On Mon, 07 Jun 2021 19:34:08 +0100,
"Jain, Jinank" <jinankj@xxxxxxxxx> wrote:
>
> Hi Marc.
>
> On Mon, 2021-06-07 at 17:35 +0100, Marc Zyngier wrote:
> > CAUTION: This email originated from outside of the organization. Do
> > not click links or open attachments unless you can confirm the sender
> > and know the content is safe.
> >
> >
> >
> > On Mon, 07 Jun 2021 17:05:01 +0100,
> > "Jain, Jinank" <jinankj@xxxxxxxxx> wrote:
> > > On Thu, 2021-06-03 at 17:03 +0100, Marc Zyngier wrote:
> > > > Hi Jinank,
> > > >
> > > > On Thu, 03 Jun 2021 12:05:54 +0100,
> > > > Jinank Jain <jinankj@xxxxxxxxx> wrote:
> > > > > Currently if a guest is live-migrated while it is actively
> > > > > using
> > > > > perf
> > > > > counters, then after live-migrate it will notice that all
> > > > > counters
> > > > > would
> > > > > suddenly start reporting 0s.
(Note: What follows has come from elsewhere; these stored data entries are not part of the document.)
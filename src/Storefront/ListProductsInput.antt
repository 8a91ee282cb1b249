-- ===== src/Storefront/ListProductsInput.antt =====
-- The schema of the listing's query string
-- (src/modules/storefront/domain/dto/list-products-input.ts).
use promotion_management_api.Base.{
  ℕ, ◌-◌, ◌*◌, Bool, true, false, ◌&&◌, Option, none, some, if◌then◌else◌, leb, length,
}
use promotion_management_api.Base.Texts.{Text, codes, text_eq}
use promotion_management_api.Base.Digits.{is_digits, number, max_safe_integer}
use promotion_management_api.Base.Options.{◌>>=◌, guard}

-- `ListProductsInput`; the one sort has no field.
pub record ListProductsInput : Type 0 where
  pub category : Option Text
  pub ascending : Bool
  pub page : ℕ
  pub page_size : ℕ

-- The parameters of a query string; no other key is taken.
pub record Query : Type 0 where
  pub category : Option Text
  pub sort : Option Text
  pub order : Option Text
  pub page : Option Text
  pub page_size : Option Text

-- `digits(max).default(otherwise)`
digits_or : (max otherwise : ℕ) → Option Text → Option ℕ
digits_or max otherwise none = some otherwise
digits_or max otherwise (some s) = do
  _ ← guard (is_digits s && leb 1 (number s) && leb (number s) max)
  some (number s)

category_of : Option Text → Option (Option Text)
category_of none = some none
category_of (some s) = do _ ← guard (leb 1 (length s) && leb (length s) 256); some (some s)

is_sort : Option Text → Bool
is_sort none = true
is_sort (some s) = text_eq s (codes "effectivePrice")

order_of : Option Text → Option Bool
order_of none = some true
order_of (some s) =
    if text_eq s (codes "asc")
    then some true
    else if text_eq s (codes "desc")
    then some false
    else none

-- `listProductsInput.parse`; nothing stands for a query that is refused.
unfoldable pub list_products_input : Query → Option ListProductsInput
unfolding category_of is_sort order_of digits_or
list_products_input query = do
  category ← category_of query.category
  _ ← guard (is_sort query.sort)
  ascending ← order_of query.order
  page ← digits_or max_safe_integer 1 query.page
  size ← digits_or 100 20 query.page_size
  _ ← guard (leb ((page - 1) * size) 10000)
  some (record { category = category; ascending = ascending; page = page; page_size = size })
This is due to the fact we are not
> > > > > re-creating the relevant perf events inside the kernel.
> > > > >
> > > > > Usually on live-migration guest state is restored using
> > > > > KVM_SET_ONE_REG
> > > > > ioctl interface, which simply restores the value of PMU
> > > > > registers
> > > > > values but does not re-program the perf events so that the
> > > > > guest
> > > > > can seamlessly
> > > > > use these counters even after live-migration like it was doing
> > > > > before
> > > > > live-migration.
> > > > >
> > > > > Instead there are two completely different code path between
> > > > > guest
> > > > > accessing PMU registers and VMM restoring counters on
> > > > > live-migration.
> > > > >
> > > > > In case of KVM_SET_ONE_REG:
> > > > >
> > > > > kvm_arm_set_reg()
> > > > > ...... kvm_arm_sys_reg_set_reg()
> > > > > ........... reg_from_user()
> > > > >
> > > > > but in case when guest tries to access these counters:
> > > > >
> > > > > handle_exit()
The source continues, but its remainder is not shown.